In a dissenting opinion, Supreme Court Justice Elena Kagan said that in the Clean Air Act, the legislature specifically gave the EPA wide latitude to make changes that would reduce air pollution, including greenhouse gas.

“One of the main reasons Congress makes broad delegations like Local 111 [of the Clean Air Act] is how an agency can respond, appropriately and proportionately, to new and big issues. Congress knows what it doesn’t know and can’t know when it writes legislation; and so Congress empowers an expert agency to deal with even the most important issues as they arise.

Reynolds said he was concerned about putting a political body in charge of developing regulations that should be science-based.

“These technical scientific issues should not be political. What is political is – Do you need clean air? So that’s the Clean Air Act, and it says you need clean air. Now, what clean air is, you don’t want to be a political question. You want this to be settled by science,” Reynolds said.

Looking to the States

Reynolds said Connecticut actually offers a case study of what happens when a legislative body has authority over environmental regulations. Under state law, a committee of lawmakers known as the Regulatory Review Board must review and approve each regulation by the state Department of Environmental Protection and Energy before that it becomes law.

Reynolds said the process is cumbersome and frustrating.

“Business is frustrated by it. Advocacy organizations are frustrated. It makes it difficult to do anything – to change anything,” he said.

Daniel Dolan of the New England Power Generators Association, a trade group representing power producers, said he was concerned the decision would change how the Federal Energy Regulatory Commission prices power produced from burning coal. carbon or manages positive incentives for renewable energy. He said that could make it more difficult to meet clean energy goals.

“If we start to see such a strict reading of individual laws by the courts – and here, obviously the Supreme Court, that could really limit the ability to more creatively use some of these markets to better align state priorities around clean energy or decarbonization,” Dolan said.

But Yeatman said he doesn’t believe the decision will affect much of the EPA’s work as a regulator. He said policies like the Clean Power Plan — the 2015 settlement that created the “cap-and-trade” carbon emissions caps the court referenced in its ruling — only happen once. or twice per presidential term.

Furthermore, Yeatman said, the court would only hand over to Congress regulations that meet certain criteria — they must be unprecedented, unusually expensive, something that Congress itself has already failed to pass or a regulation that might be considered “incidental” to the scope of a particular piece of legislation. The rest of the policies would remain under EPA jurisdiction.

“It’s really only a handful of times, especially in the environmental realm, that an agency like the EPA takes on so-called major regulation,” Yeatman said. “It’s not like the EPA releases these major rules every other day.”

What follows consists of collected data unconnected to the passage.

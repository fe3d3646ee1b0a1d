-- ===== src/Cli.antt =====
-- src/cli.c: the command line. A state is what the parser has filled in so far.
pub mod Parse
pub mod Spellings
pub mod Sound
pub mod Totality
use Prim.Native.Nat.{min}
use bialet.Utils.Strtol.{strtol}
use bialet.Prelude.{
  ◌-◌, ◌&&◌, ◌*◌, ltb, ◌++◌, ◌||◌, length, ◌^◌, ◌==◌, if◌then◌else◌, not, ◌%◌, str_eq, ◌∷◌, take,
  List, codes, Bytes, Option, Bool, ℕ, none, some, true, false, [], zero, suc, ◌>>=◌,
}

pub data OptId : Type 0 where
  port host help run validate tests version log db wal ignore : OptId
  mem_soft mem_hard cpu_soft cpu_hard max_post quiet : OptId

-- 0, 1 and 2 of `takes_arg`.
pub data Takes : Type 0 where
  nothing required optional : Takes

pub record OptSpec : Type 0 where
  pub id : OptId
  pub long_name : Bytes
  pub short_name : ℕ
  pub takes_arg : Takes

abbrev pub spec : OptId → OptSpec
spec port = record { id = port; long_name = codes "port"; short_name = b'p'; takes_arg = required }
spec host = record { id = host; long_name = codes "host"; short_name = b'h'; takes_arg = required }
spec help = record { id = help; long_name = codes "help"; short_name = b'H'; takes_arg = nothing }
spec run = record { id = run; long_name = codes "run"; short_name = b'r'; takes_arg = required }
spec validate = record {
  id = validate;
  long_name = codes "validate";
  short_name = b't';
  takes_arg = required;
}
spec tests = record {
  id = tests;
  long_name = codes "tests";
  short_name = b'T';
  takes_arg = optional;
}
spec version = record {
  id = version;
  long_name = codes "version";
  short_name = b'v';
  takes_arg = nothing;
}
spec log = record { id = log; long_name = codes "log"; short_name = b'l'; takes_arg = required }
spec db = record { id = db; long_name = codes "db"; short_name = b'd'; takes_arg = required }
spec wal = record { id = wal; long_name = codes "wal"; short_name = b'w'; takes_arg = nothing }
spec ignore = record {
  id = ignore;
  long_name = codes "ignore";
  short_name = b'i';
  takes_arg = required;
}
spec mem_soft = record {
  id = mem_soft;
  long_name = codes "mem-soft";
  short_name = b'm';
  takes_arg = required;
}
spec mem_hard = record {
  id = mem_hard;
  long_name = codes "mem-hard";
  short_name = b'M';
  takes_arg = required;
}
spec cpu_soft = record {
  id = cpu_soft;
  long_name = codes "cpu-soft";
  short_name = b'c';
  takes_arg = required;
}
spec cpu_hard = record {
  id = cpu_hard;
  long_name = codes "cpu-hard";
  short_name = b'C';
  takes_arg = required;
}
spec max_post = record {
  id = max_post;
  long_name = codes "max-post";
  short_name = b'b';
  takes_arg = required;
}
spec quiet = record {
  id = quiet;
  long_name = codes "quiet";
  short_name = b'q';
  takes_arg = nothing;
}

-- `cli_opts`, in its order.
abbrev pub cli_opts : List OptId
cli_opts =
    port ∷ host ∷ help ∷ run ∷ validate ∷ tests ∷ version ∷ log ∷ db ∷ wal ∷ ignore ∷ mem_soft
    ∷ mem_hard ∷ cpu_soft ∷ cpu_hard ∷ max_post ∷ quiet ∷ []

abbrev pub find_opt : (OptId → Bool) → List OptId → Option OptId
find_opt test [] = none
find_opt test (id ∷ more) = if test id then some id else find_opt test more

unfoldable pub short_to_id : ℕ → Option OptId
short_to_id c = find_opt (λ id. (spec id).short_name == c) cli_opts

unfoldable pub long_to_id : Bytes → Option OptId
long_to_id name = find_opt (λ id. str_eq (spec id).long_name name) cli_opts

pub data CliAction : Type 0 where
  serve show_help show_version invalid : CliAction

-- The fields of `BialetCliOptions`, the fields of `struct BialetConfig` that the parser sets, and
-- `root_set`. A limit is an `int`, given by its 32 bits; the log is the file that was opened last.
pub record Settings : Type 0 where
  pub action : CliAction
  pub run_code : Option Bytes
  pub validate_file : Option Bytes
  pub test_dir : Option Bytes
  pub run_tests : Bool
  pub dev_mode : Bool
  pub error : Bytes
  pub config_port : ℕ
  pub config_host : Bytes
  pub log_file : Option Bytes
  pub output_color : Bool
  pub db_path : Bytes
  pub wal_mode : Bool
  pub ignored_files : Bytes
  pub mem_soft_limit : ℕ
  pub mem_hard_limit : ℕ
  pub cpu_soft_limit : ℕ
  pub cpu_hard_limit : ℕ
  pub max_post_size : ℕ
  pub be_quiet : Bool
  pub root_dir : Bytes
  pub root_set : Bool

-- `fopen(value, "a")`, `strerror` of its failure, and whether `stat` finds a path.
pub record Env : Type 0 where
  pub opens : Bytes → Bool
  pub strerror : Bytes → Bytes
  pub path_exists : Bytes → Bool

unfoldable pub cli_error : Bytes → Settings → Settings
cli_error text s = record s { error = take 255 text; action = invalid }

-- `strtol(value, &endptr, 10)`: the sign, the number clamped to a `long`, and the text at `endptr`.
unfoldable pub long_of : Bytes → Bool × ℕ × Bytes
long_of value = elim (strtol value) [
  | none ↦ (false, 0, value)
  | some (negative, n, end) ↦ (negative, min n (if negative then 2 ^ 63 else 2 ^ 63 - 1), end)
]

-- `*endptr != '\0' || num < 0`, for a C string.
abbrev pub refused : Bool × ℕ × Bytes → Bool
refused (negative, n, end) = not (length end == 0) || (negative && not (n == 0))

-- The cast to `int`, by its 32 bits.
abbrev pub int_of : Bool × ℕ × Bytes → ℕ
int_of (negative, n, end) = n % 2 ^ 32

abbrev pub set_port : Bytes → Settings → Settings
set_port value s =
    let num = long_of value in
    if refused num || ltb 65535 num.1
    then cli_error (codes "Invalid port number: " ++ value) s
    else record s { config_port = int_of num }

abbrev pub set_log : Env → Bytes → Settings → Settings
set_log env value s =
    if env.opens value
    then record s { log_file = some value; output_color = false }
    else cli_error
        (codes "Error opening log file " ++ (value ++ (codes ": " ++ env.strerror value))) s

-- The four limits; the last argument puts the number into its field.
abbrev pub set_limit : Bytes → Bytes → (ℕ → Settings) → Settings → Settings
set_limit text value put s =
    let num = long_of value in if refused num then cli_error (text ++ value) s else put (int_of num)

abbrev pub set_max_post : Bytes → Settings → Settings
set_max_post value s =
    let num = long_of value in
    if refused num || num.1 == 0
    then cli_error
        (codes "Invalid max post size: " ++ (value ++ codes " (use kilobytes, e.g. 128)")) s
    else record s { max_post_size = num.1 * 1024 % 2 ^ 64 }

-- A missing value is NULL, which only `tests` and the options without a value are given.
abbrev pub text_of : Option Bytes → Bytes
text_of none = []
text_of (some v) = v

unfoldable pub set_option : Env → OptId → Option Bytes → Settings → Settings
set_option env port value s = set_port (text_of value) s
set_option env host value s = record s { config_host = text_of value }
set_option env help value s = record s { action = show_help }
set_option env run value s = record s { run_code = value }
set_option env validate value s = record s { validate_file = value }
set_option env tests none s = record s { run_tests = true }
set_option env tests (some v) s = record s { run_tests = true; test_dir = some v }
set_option env version value s = record s { action = show_version }
set_option env log value s = set_log env (text_of value) s
set_option env db value s = record s { db_path = text_of value }
set_option env wal value s = record s { wal_mode = true }
set_option env ignore value s = record s { ignored_files = text_of value }
set_option env mem_soft value s =
    set_limit (codes "Invalid memory limit: ") (text_of value)
      (λ n. record s { mem_soft_limit = n }) s
set_option env mem_hard value s =
    set_limit (codes "Invalid memory limit: ") (text_of value)
      (λ n. record s { mem_hard_limit = n }) s
set_option env cpu_soft value s =
    set_limit (codes "Invalid CPU limit: ") (text_of value) (λ n. record s { cpu_soft_limit = n }) s
set_option env cpu_hard value s =
    set_limit (codes "Invalid CPU limit: ") (text_of value) (λ n. record s { cpu_hard_limit = n }) s
set_option env max_post value s = set_max_post (text_of value) s
set_option env quiet value s = record s { be_quiet = true; output_color = false }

Connecticut Attorney General William Tong today called in a statement to continue work toward clean energy development despite the court ruling.

“This is a serious setback, but we cannot lose sight of what is at stake and what is urgently needed to tackle the climate crisis. Obsolete and expensive coal-fired power plants are causing enormous damage to our environment and our economy, and we cannot let this decision delay our transition to clean, renewable and truly affordable energy,” Tong said.

Both Yeatman and Reynolds said the decision would not affect states’ ability to create policy around environmental regulation.

“Generally speaking, when it comes to stationary sources like power plants, states have unlimited, unlimited power to do whatever they want,” Yeatman said.

Reynolds said the Supreme Court’s decision made it even more important for the state to exercise that power.

“What the states of Connecticut and New England and California can continue to do is be a model and lead the way and create the kinds of systems that have been struck down by the court in federal level today,” he said.